§ Data shown:

-- ===== src/CText/Strings.antt =====
-- Texts that end in a `NUL`.
use aoq.Prelude.{ℕ, ◌≡◌, refl, ◌≢◌, false, List, [], ◌∷◌, ◌++◌, arith, ◌==◌, All}
use aoq.Heap.{ok}
use aoq.CText.{c_string}

pub c_string-text :
    (name beyond : List ℕ) → All (λ c. c ≢ 0) name → c_string (name ++ 0 ∷ beyond) ≡ ok name
unfolding c_string
c_string-text [] beyond nz = refl
c_string-text (c ∷ name) beyond (ne, nz) =
    let e : c == 0 ≡ false = ground arith in rw (e, c_string-text name beyond nz)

§ Try it: Reproduce all the entries above. Match them exactly.

§ The completed task:
-- ===== src/CText/Strings.antt =====
-- Texts that end in a `NUL`.
use aoq.Prelude.{ℕ, ◌≡◌, refl, ◌≢◌, false, List, [], ◌∷◌, ◌++◌, arith, ◌==◌, All}
use aoq.Heap.{ok}
use aoq.CText.{c_string}

pub c_string-text :
    (name beyond : List ℕ) → All (λ c. c ≢ 0) name → c_string (name ++ 0 ∷ beyond) ≡ ok name
unfolding c_string
c_string-text [] beyond nz = refl
c_string-text (c ∷ name) beyond (ne, nz) =
    let e : c == 0 ≡ false = ground arith in rw (e, c_string-text name beyond nz)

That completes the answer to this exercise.